The award celebrates the best fan moments or gestures of October 2020 to August 2021, regardless of championship, gender or nationality. The shortlist was compiled by a panel of FIFA experts, and every registered FIFA.com user was allowed to participate in the final vote until 14 January 2022.

The three nominees were announced on 22 November 2021. Denmark and Finland fans won the award with over 100,000 registered votes.

| Rank | Fan(s) | Match | Competition | Date | Votes |
|---|---|---|---|---|---|
| 1 | Denmark and Finland fans | Denmark – Finland | UEFA Euro 2020 | 12 June 2021 | 107,565 |
| 2 | Imogen Papworth-Heidel | N/A | N/A | Various | 77,887 |
| 3 | German football fans | N/A | N/A | Various | 70,229 |

===FIFA Fair Play Award===

| Winner | Team | Reason |
|---|---|---|
| Denmark national team/Danish medical team and staff | Denmark | Gave Christian Eriksen CPR, shielded him from cameras and comforted his family following his collapse during a Euro 2020 match |

===The Best FIFA Special Award===
An additional award was given out to Portugal's Cristiano Ronaldo and Canada's Christine Sinclair, to recognize them becoming the all-time leading international goalscorers in men and women's senior football, respectively.

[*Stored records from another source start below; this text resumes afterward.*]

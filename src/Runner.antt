-- ===== src/Runner.antt =====
-- runner/runner.go: the guest list of GUEST_BINARIES, and what one guest run means.
pub mod Verdict
use stateless_executor.Prelude.{
  ℕ, ◌+◌, ◌-◌, Bool, true, false, List, [], ◌∷◌, ◌++◌, Option, none, some, length, get_or, ltb,
  ◌==◌, if◌then◌else◌,
}
use stateless_executor.Prelude.Errors.{Error, Result, ok, err, panic, wrap, message, ◌>>=◌}
use stateless_executor.Prelude.Text.{Text, codes, text_eq, trim_space, split_byte, cut_at}
use stateless_executor.Prelude.Endian.{Bytes}
use stateless_executor.Store
use stateless_executor.Store.{no_result}

abbrev pub stateless_output_size : ℕ
stateless_output_size = 43

pub record GuestSpec : Type 0 where
  pub name : Text
  pub path : Text

-- One entry behind its TrimSpace: none for an empty one, an error where it has no colon.
unfoldable pub parse_entry : Text → Option (Result GuestSpec)
parse_entry [] = none
parse_entry (c ∷ entry) = elim (cut_at (c ∷ entry) (b':' ∷ [])) [
  | none ↦ some (err (message "invalid GUEST_BINARIES entry" (c ∷ entry)))
  | some (name, path) ↦ some (ok (record { name = name; path = path }))
]

unfoldable pub parse_entries : List Text → Result (List GuestSpec)
unfolding parse_entry
parse_entries [] = ok []
parse_entries (e ∷ entries) =
    let rest = parse_entries entries in
    elim (parse_entry (trim_space e)) [
      | none ↦ rest
      | some spec ↦ do s ← spec; specs ← rest; ok (s ∷ specs)
    ]

abbrev pub none_empty : List GuestSpec → Result (List GuestSpec)
none_empty [] = err (message "GUEST_BINARIES is empty" [])
none_empty (s ∷ specs) = ok (s ∷ specs)

unfoldable pub parse_guest_specs : Text → Result (List GuestSpec)
unfolding parse_entries
parse_guest_specs s = do specs ← parse_entries (split_byte b',' s); none_empty specs

-- How a guest process ended: its error, if any, what it wrote, and how long it took.
pub record Process : Type 0 where
  pub exit : Option Error
  pub stdout : Bytes
  pub stderr : Text
  pub duration_ms : ℕ

-- The label of the counter stateless_block_verified_total.
pub data Outcome : Type 0 where
  verified failed errored : Outcome

-- The returned store.Result and error, and the counter's label.
pub record Report : Type 0 where
  pub result : Store.Result
  pub error : Option Error
  pub counted : Outcome

abbrev pub errored_report : Text → Error → Report
errored_report log_output e = record {
  result = record no_result { log = log_output };
  error = some e;
  counted = errored;
}

-- out[32] == 0x01, behind the check of the length.
abbrev pub is_valid : Bytes → Bool
is_valid out = get_or out 32 0 == 1

unfoldable pub run : GuestSpec → Process → ℕ → Report
run spec process block_num =
    let log_output = trim_space process.stderr in
    elim process.exit [
      | some e ↦ errored_report log_output (wrap "runner" e)
      | none ↦
          if ltb (length process.stdout) stateless_output_size
          then errored_report log_output
              (message "runner: output too short" (length process.stdout ∷ []))
          else record {
            result = record no_result {
              block = block_num;
              guest = spec.name;
              valid = is_valid process.stdout;
              log = log_output;
              duration_ms = process.duration_ms;
            };
            error = none;
            counted = if is_valid process.stdout then verified else failed;
          }
    ]
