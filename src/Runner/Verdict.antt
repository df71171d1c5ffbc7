-- ===== src/Runner/Verdict.antt =====
-- What a guest run means: Run of runner/runner.go on every way that the process can end.
use stateless_executor.Prelude.{ℕ, ◌≤◌, ◌≡◌, ◌≢◌, ◌↔◌, true, none, length, get_or, arith}
use stateless_executor.Runner.{GuestSpec, Process, Outcome, run}

-- The block is reported valid exactly if the process exits without an error and writes at least 43
-- bytes, of which byte 32 is 1.
pub run_valid_iff :
    (spec : GuestSpec) (process : Process) (block_num : ℕ)
    → ((run spec process block_num).result.valid ≡ true)
      ↔ ((process.exit ≡ none) × (43 ≤ length process.stdout) × (get_or process.stdout 32 0 ≡ 1))
unfolding run
run_valid_iff spec process block_num = ground arith

-- The counter's label follows the report: verified for a valid block, failed for an invalid one that
-- the guest judged, and errored exactly where an error is returned.
pub run_counted :
    (spec : GuestSpec) (process : Process) (block_num : ℕ)
    → (((run spec process block_num).counted ≡ Outcome.verified)
        ↔ ((run spec process block_num).result.valid ≡ true))
      × (((run spec process block_num).counted ≡ Outcome.errored)
          ↔ ((run spec process block_num).error ≢ none))
unfolding run
run_counted spec process block_num = ground arith
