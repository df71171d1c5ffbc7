-- ===== src/Examples/Hosts.antt =====
-- The pool, the runner, the emulator and the result buffer at concrete answers.
use stateless_executor.Prelude.{
  ◌||◌, ℕ, ltb, ◌≡◌, ◌↔◌, ◌≤◌, ◌<◌, Bool, true, false, not, ◌&&◌, List, [], ◌∷◌, foldl, none, drop,
  replicate, length, get_or,
}
use stateless_executor.Prelude.Errors.{ok}
use stateless_executor.Prelude.Text.{Text, codes, text_eq, split_byte}
use stateless_executor.Store
use stateless_executor.Store.{no_result, empty, add, all}
use stateless_executor.Store.History.{all-add}
use stateless_executor.Pool.Heads.{Event, act, start, IsOrderly, start-IsOrderly}
use stateless_executor.Runner
use stateless_executor.Runner.{GuestSpec, Process, Outcome}
use stateless_executor.Runner.Verdict.{run_valid_iff}
use stateless_executor.Emu
use stateless_executor.Emu.{
  Opts, Finished, Label, effective_max_steps, parse_cost_report, read_lines, read_line, first_label,
  parse_cost_line, without_commas, encode_to_string,
}
use stateless_executor.Emu.Verdict.{reported, run_clean_iff}
use stateless_executor.Emu.Figures.{cost_of, last_figure, gives}
use stateless_executor.Emu.Costs.{delivered, parse_cost_report-figures}

abbrev stored : List Store.Result
stored = record no_result { block = 7 } ∷ record no_result { block = 8 } ∷ []

all-add_example : all (foldl add empty stored) ≡ drop 0 stored
all-add_example = all-add stored

abbrev node_a : Text
node_a = codes "http://a"

abbrev node_b : Text
node_b = codes "http://b"

start-IsOrderly_example : IsOrderly (
    foldl act
      (start (node_a ∷ node_b ∷ []))
      (Event.ticked (λ url. ok 5) ∷ Event.ticked (λ url. ok 7) ∷ Event.received ∷ []))
start-IsOrderly_example =
    start-IsOrderly (node_a ∷ node_b ∷ [])
      (Event.ticked (λ url. ok 5) ∷ Event.ticked (λ url. ok 7) ∷ Event.received ∷ [])

-- Only node b passes, and only from the third attempt on.
abbrev arrivals : ℕ → List Text
arrivals k = node_a ∷ node_b ∷ []

abbrev late : ℕ → Text → Bool
late k u = not (ltb k 3) && text_eq u node_b

abbrev spec : GuestSpec
spec = record { name = codes "zesu"; path = codes "/bin/zesu" }

abbrev process : Process
process = record { exit = none; stdout = replicate 43 1; stderr = []; duration_ms = 12 }

run_valid_iff_example :
    ((Runner.run spec process 9).result.valid ≡ true)
    ↔ ((process.exit ≡ none) × (43 ≤ length process.stdout) × (get_or process.stdout 32 0 ≡ 1))
run_valid_iff_example = run_valid_iff spec process 9

abbrev opts : Opts
opts = record { elf = []; bin = []; max_steps = 1000; require_costs = true }

abbrev done : Finished
done = record { combined = codes "STEPS 1,024"; exec_error = none; output_file = none }

run_clean_iff_example : ((Emu.run opts done).1 ≡ none) ↔ (
    ((reported done).0.steps < effective_max_steps opts)
    × (done.exec_error ≡ none)
    × ((true && not (reported done).1) ≡ false))
run_clean_iff_example = run_clean_iff opts done

parse_cost_report-figures_example :
    (cost_of Label.steps (parse_cost_report done.combined).0
      ≡ last_figure (codes "STEPS") 0 (delivered (split_byte 10 done.combined)))
    × ((parse_cost_report done.combined).1 ≡ (
        gives (codes "BASE") (delivered (split_byte 10 done.combined))
        || gives (codes "INSTRUCTIONS") (delivered (split_byte 10 done.combined))))
parse_cost_report-figures_example = parse_cost_report-figures Label.steps done.combined
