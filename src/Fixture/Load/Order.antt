-- ===== src/Fixture/Load/Order.antt =====
-- The test cases that LoadZkevmFile of fixture/fixture.go returns: their names and their order.
use stateless_executor.Prelude.{◌≡◌, ap, sym, ◌∙◌, List, [], ◌∷◌, map}
use stateless_executor.Prelude.Errors.{ok, >>=-eq-ok, wrapping}
use stateless_executor.Prelude.Text.{Text}
use stateless_executor.Prelude.Endian.{Bytes}
use stateless_executor.Prelude.Sort.{sort, IsSorted, sort-IsSorted}
use stateless_executor.Prelude.Sort.Orders.{text_lt, text_lt-IsOrder, sort-text_lt-perm}
use stateless_executor.Fixture.Zkevm.{ZkevmTestCase}
use stateless_executor.Fixture.Load.{RawMap, Disk, load_cases, load_zkevm_map, with_engine}
use mathlib.Core.List.{Permᴰ}

abbrev pub names : List ZkevmTestCase → List Text
names tcs = map (λ (tc : ZkevmTestCase). tc.name) tcs

module _ (d : Disk) where
  names-load_cases :
      (at : Text → Bytes) (keys : List Text) {tcs : List ZkevmTestCase}
      → load_cases d at keys ≡ ok tcs
      → names tcs ≡ keys
  unfolding load_cases
  names-load_cases at [] {tcs} h = let same : [] ≡ tcs = cc in ap names (sym same)
  names-load_cases at (key ∷ keys) {tcs} h =
      let (tc, _, h1) = >>=-eq-ok (wrapping "parse test" (d.unmarshal_case (at key))) _ h in
      let (tc', _, h2) = >>=-eq-ok (with_engine d (at key) tc) _ h1 in
      let (out, q, h3) = >>=-eq-ok (load_cases d at keys) _ h2 in
      let same : record tc' { name = key } ∷ out ≡ tcs = cc in
      ap names (sym same) ∙ ap (λ (l : List Text). key ∷ l) (names-load_cases at keys q)

  -- The order in which Go visits a map does not show: if one visit gives test cases, any other
  -- gives the same, named by the keys of the map in the order of their bytes.
  pub load_zkevm_map-perm :
      (m : RawMap) (keys : List Text)
      → Permᴰ m.keys keys
      → {tcs : List ZkevmTestCase} → load_zkevm_map d m ≡ ok tcs
      → (load_zkevm_map d (record m { keys = keys }) ≡ ok tcs)
        × (names tcs ≡ sort text_lt keys)
        × IsSorted text_lt (names tcs)
  unfolding load_zkevm_map
  load_zkevm_map-perm m keys order {tcs} h =
      let same = sort-text_lt-perm order in
      let named = names-load_cases m.at (sort text_lt m.keys) h ∙ same in
      (
        ap (load_cases d m.at) (sym same) ∙ h,
        named,
        rw named (sort-IsSorted text_lt text_lt-IsOrder keys),
      )
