-- ===== src/ZkevmRunner.antt =====
-- cmd/zkevm-runner/main.go: the blocks of the zkevm tests run one by one, judged by their output
-- bytes, summed up and reported. The emulators and the file system are arguments.
pub mod Summary
pub mod Agree
use stateless_executor.Prelude.{
  ℕ, zero, suc, ◌+◌, ◌-◌, ◌*◌, Bool, true, false, not, ◌&&◌, ◌||◌, List, [], ◌∷◌, ◌++◌, Option,
  none, some, map, take, drop, if◌then◌else◌, ltb, leb, ◌==◌, length,
}
use stateless_executor.Prelude.Errors.{Error, Result, ok, err, panic, wrap, message}
use stateless_executor.Prelude.Text.{
  Text, codes, text_eq, has_prefix, contains, split_byte, trim_space,
}
use stateless_executor.Prelude.Endian.{Bytes}
use stateless_executor.Prelude.Sort.{sort}
use stateless_executor.Prelude.Sort.Orders.{text_lt}
use stateless_executor.Fixture.Zkevm.{ZkevmBlock, ZkevmTestCase, zesu_input_from_zkevm_block}
use stateless_executor.Emu
use stateless_executor.Emu.{Opts, Finished}
use stateless_executor.Pipeline.Engine.{format_uint}
use stateless_executor.Bench.{normalise_hex, expected_success_from_output, trimmed, is_missing}

pub record TestResult : Type 0 where
  pub name : Text
  pub network : Text
  pub expected_success : Bool
  pub got_success : Bool
  pub expected_output_hex : Text
  pub got_output_hex : Text
  pub output_match : Bool
  pub validation_ok : Bool
  pub error : Option Error
  pub err_output : Text
  pub elapsed_ms : ℕ

pub record WorkItem : Type 0 where
  pub test_case : ZkevmTestCase
  pub block : ZkevmBlock
  pub name : Text
  pub network : Text

-- The loops of `main` over the test cases of one file and their blocks.
unfoldable pub block_items : ZkevmTestCase → ℕ → List ZkevmBlock → List WorkItem
unfolding format_uint
block_items tc bi [] = []
block_items tc bi (block ∷ blocks) =
    let name =
      if ltb 1 (length tc.blocks)
      then tc.name ++ (codes "/block" ++ format_uint bi 10)
      else tc.name in
    record { test_case = tc; block = block; name = name; network = tc.network }
    ∷ block_items tc (bi + 1) blocks

unfoldable pub work_items : List ZkevmTestCase → List WorkItem
unfolding block_items
work_items [] = []
work_items (tc ∷ tcs) = block_items tc 0 tc.blocks ++ work_items tcs

pub data Target : Type 0 where
  zisk openvm pico : Target

-- The -target flag, and the emulator that stands for it where --zkvmPath is not given.
unfoldable pub target_of : Text → Option Target
target_of s =
    if text_eq s (codes "zisk")
    then some Target.zisk
    else if text_eq s (codes "openvm")
    then some Target.openvm
    else if text_eq s (codes "pico")
    then some Target.pico
    else none

unfoldable pub default_zkvm : Text → Target → Text
default_zkvm ziskemu_path Target.zisk = ziskemu_path
default_zkvm ziskemu_path Target.openvm = codes "zesu-openvm-runner"
default_zkvm ziskemu_path Target.pico = codes "zesu-pico-runner"

-- What an emulator's process leaves for an input, by target, and the error of reading its output.
pub record Emulators : Type 0 where
  pub finished : Target → Opts → Bytes → Finished
  pub read_error : Error

-- The four values that runOne returns.
pub record Ran : Type 0 where
  pub got_success : Bool
  pub output_hex : Text
  pub raw_out : Text
  pub error : Option Error

abbrev pub no_error : Option Error → Bool
no_error none = true
no_error (some e) = false

abbrev pub host_ran : Emu.Result × Option Error → Ran
host_ran (r, e) = record {
  got_success = no_error e && text_eq r.exec_err [];
  output_hex = r.output_hex;
  raw_out = r.raw_out;
  error = e;
}

-- The verdict that ziskemu's log states; none where the run failed.
abbrev pub zisk_ran : Emu.Result × Option Error → Ran
zisk_ran (r, e) = record {
  got_success =
      no_error e
      && (contains r.raw_out (codes "success=1") && not (contains r.raw_out (codes "success=0")));
  output_hex = r.output_hex;
  raw_out = r.raw_out;
  error = e;
}

abbrev pub run_input : Emulators → Target → Opts → Bytes → Ran
run_input es Target.zisk o input = zisk_ran (Emu.run o (es.finished Target.zisk o input))
run_input es Target.openvm o input =
    host_ran (Emu.run_host es.read_error (es.finished Target.openvm o input))
run_input es Target.pico o input =
    host_ran (Emu.run_host es.read_error (es.finished Target.pico o input))

abbrev pub not_run : Error → Ran
not_run e = record { got_success = false; output_hex = []; raw_out = []; error = some e }

-- RequireCosts stays false, and no step cap is set.
unfoldable pub run_one : Emulators → ZkevmTestCase → ZkevmBlock → Text → Text → Target → Result Ran
unfolding zesu_input_from_zkevm_block contains Emu.run Emu.run_host
run_one es tc block elf_path zkvm_path target =
    let o : Opts = record {
      elf = elf_path;
      bin = zkvm_path;
      max_steps = 0;
      require_costs = false;
    } in
    elim (zesu_input_from_zkevm_block tc block).0 [
      | ok input ↦ ok (run_input es target o input)
      | err e ↦ ok (not_run (wrap "encode" e))
      | panic ↦ panic
    ]

-- base[strings.LastIndexAny(base, "/\\")+1:]
unfoldable pub last_component : Text → Text
last_component [] = []
last_component (c ∷ s) =
    let rest = last_component s in
    if contains s (codes "/") || contains s (codes "\\")
    then rest
    else if (c == b'/') || (c == b'\\')
    then s
    else c ∷ s

-- The strings.Replacer of dumpOne.
unfoldable pub safe_name : Text → Text
safe_name [] = []
safe_name (c ∷ s) =
    let rest = safe_name s in
    if (c == b':') || ((c == b'[') || (c == b' '))
    then b'_' ∷ rest
    else if c == b']'
    then rest
    else c ∷ rest

-- The file name that `dumpOne` writes to.
unfoldable pub dump_name : ZkevmTestCase → ℕ → Text
unfolding last_component safe_name contains format_uint
dump_name tc idx =
    take 80 (safe_name (last_component tc.name))
    ++ (codes "_" ++ (format_uint idx 10 ++ codes ".bin"))

-- `dumpOne`, on a write of a file in the dump directory.
unfoldable pub dump_one :
    (Text → Bytes → Option Error) → ZkevmTestCase → ZkevmBlock → ℕ → Result Ran
unfolding zesu_input_from_zkevm_block dump_name
dump_one write_file tc block idx = elim (zesu_input_from_zkevm_block tc block).0 [
  | ok input ↦ ok (record {
    got_success = false;
    output_hex = [];
    raw_out = [];
    error = write_file (dump_name tc idx) input;
  })
  | err e ↦ ok (not_run (wrap "encode" e))
  | panic ↦ panic
]

abbrev pub is_skipped : Option Error → Bool
is_skipped none = false
is_skipped (some e) = is_missing e

-- The result that a worker stores for what it ran; `dumping` tells whether -dump-dir is set.
unfoldable pub judge : Bool → WorkItem → Ran → ℕ → TestResult
unfolding normalise_hex expected_success_from_output
judge dumping it ran elapsed =
    let expected_hex = normalise_hex it.block.stateless_output_bytes in
    let matched =
      text_eq expected_hex [] || text_eq (trimmed expected_hex ran.output_hex) expected_hex in
    record {
      name = it.name;
      network = it.network;
      expected_success = expected_success_from_output expected_hex;
      got_success = ran.got_success;
      expected_output_hex = expected_hex;
      got_output_hex = ran.output_hex;
      output_match = matched;
      validation_ok = dumping || (no_error ran.error && matched);
      error = ran.error;
      err_output = ran.raw_out;
      elapsed_ms = elapsed;
    }

-- The status of the progress line.
pub data Status : Type 0 where
  fine skipped errored failed : Status

unfoldable pub status_of : TestResult → Status
status_of r = if is_skipped r.error then Status.skipped else elim r.error [
  | some e ↦ Status.errored
  | none ↦ if r.validation_ok then Status.fine else Status.failed
]

-- strings.Join(lines, "\n")
unfoldable pub join_lines : List Text → Text
join_lines [] = []
join_lines (l ∷ []) = l
join_lines (l ∷ m ∷ ls) = l ++ (10 ∷ join_lines (m ∷ ls))

abbrev pub is_key_line : Text → Bool
is_key_line t =
    contains t (codes "input_len=")
    || (contains t (codes "block=")
        || (contains t (codes "root:")
            || (contains t (codes "output:") || text_eq t (codes "info: ok"))))

unfoldable pub key_lines : List Text → List Text
unfolding contains
key_lines [] = []
key_lines (l ∷ ls) =
    let t = trim_space l in let rest = key_lines ls in if is_key_line t then t ∷ rest else rest

unfoldable pub filter_uart_log : Text → Text
unfolding key_lines join_lines
filter_uart_log raw_out = join_lines (key_lines (split_byte 10 raw_out))

unfoldable pub truncate_name : Text → Text
truncate_name s =
    if leb (length s) (40 * 2 + 3) then s else take 40 s ++ (codes "..." ++ drop (length s - 40) s)

-- The counters of printSummary, with the failures in the order of their names.
pub record Summed : Type 0 where
  pub passed : ℕ
  pub failed : ℕ
  pub errored : ℕ
  pub skipped : ℕ
  pub failures : List TestResult

abbrev pub summed : Status → TestResult → Summed → Summed
summed Status.skipped r s = record s { skipped = s.skipped + 1 }
summed Status.errored r s = record s { errored = s.errored + 1 }
summed Status.fine r s = record s { passed = s.passed + 1 }
summed Status.failed r s = record s { failed = s.failed + 1; failures = r ∷ s.failures }

unfoldable pub sum_up : List TestResult → Summed
unfolding status_of
sum_up [] = record { passed = 0; failed = 0; errored = 0; skipped = 0; failures = [] }
sum_up (r ∷ rs) = summed (status_of r) r (sum_up rs)

-- sort.Slice by name. It is not stable: rows of one name may come in another order than here.
abbrev pub by_name {ℓ} : {A : Type ℓ} → (A → Text) → List A → List A
by_name name rs = sort (λ a b. text_lt (name a) (name b)) rs

unfoldable pub print_summary : List TestResult → Summed
unfolding sum_up sort
print_summary results = sum_up (by_name (λ (r : TestResult). r.name) results)

pub record FailureRow : Type 0 where
  pub result : TestResult
  pub err_line : Text

-- Both for an error and for a skip.
pub record ErrorRow : Type 0 where
  pub name : Text
  pub network : Text
  pub error : Option Error
  pub output : Text

-- The first line of the output that starts with "error:", without its margins.
unfoldable pub error_line : List Text → Text
error_line [] = []
error_line (l ∷ ls) =
    let rest = error_line ls in
    if has_prefix (trim_space l) (codes "error:") then trim_space l else rest

abbrev pub error_row : TestResult → ErrorRow
error_row r = record { name = r.name; network = r.network; error = r.error; output = r.err_output }

abbrev pub failure_row : TestResult → FailureRow
failure_row r = record { result = r; err_line = error_line (split_byte 10 r.err_output) }

-- The variables of writeReport's loop.
pub record Tables : Type 0 where
  pub passed : ℕ
  pub errored : ℕ
  pub skipped : ℕ
  pub failures : List FailureRow
  pub errors : List ErrorRow
  pub skips : List ErrorRow

abbrev pub filed : Status → TestResult → Tables → Tables
filed Status.skipped r t = record t { skipped = t.skipped + 1; skips = error_row r ∷ t.skips }
filed Status.errored r t = record t { errored = t.errored + 1; errors = error_row r ∷ t.errors }
filed Status.failed r t = record t { failures = failure_row r ∷ t.failures }
filed Status.fine r t = record t { passed = t.passed + 1 }

unfoldable pub file_all : List TestResult → Tables
unfolding status_of error_line
file_all [] = record {
  passed = 0;
  errored = 0;
  skipped = 0;
  failures = [];
  errors = [];
  skips = [];
}
file_all (r ∷ rs) = filed (status_of r) r (file_all rs)

pub record ReportData : Type 0 where
  pub total : ℕ
  pub passed : ℕ
  pub failed : ℕ
  pub errored : ℕ
  pub skipped : ℕ
  pub failures : List FailureRow
  pub errors : List ErrorRow
  pub skips : List ErrorRow

unfoldable pub write_report : List TestResult → ReportData
unfolding file_all sort
write_report results =
    let t = file_all results in
    record {
      total = length results;
      passed = t.passed;
      failed = length t.failures;
      errored = t.errored;
      skipped = t.skipped;
      failures = by_name (λ (r : FailureRow). r.result.name) t.failures;
      errors = by_name (λ (r : ErrorRow). r.name) t.errors;
      skips = by_name (λ (r : ErrorRow). r.name) t.skips;
    }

| Winner | Team | Reason |
|---|---|---|
| Cristiano Ronaldo | Portugal | Broke the record of most international goals scored by a male footballer |
| Christine Sinclair | Canada | Broke the record of most international goals scored by a female footballer |

===FIFA FIFPRO Men's World 11===

The 23–player men's shortlist was announced on 14 December 2021.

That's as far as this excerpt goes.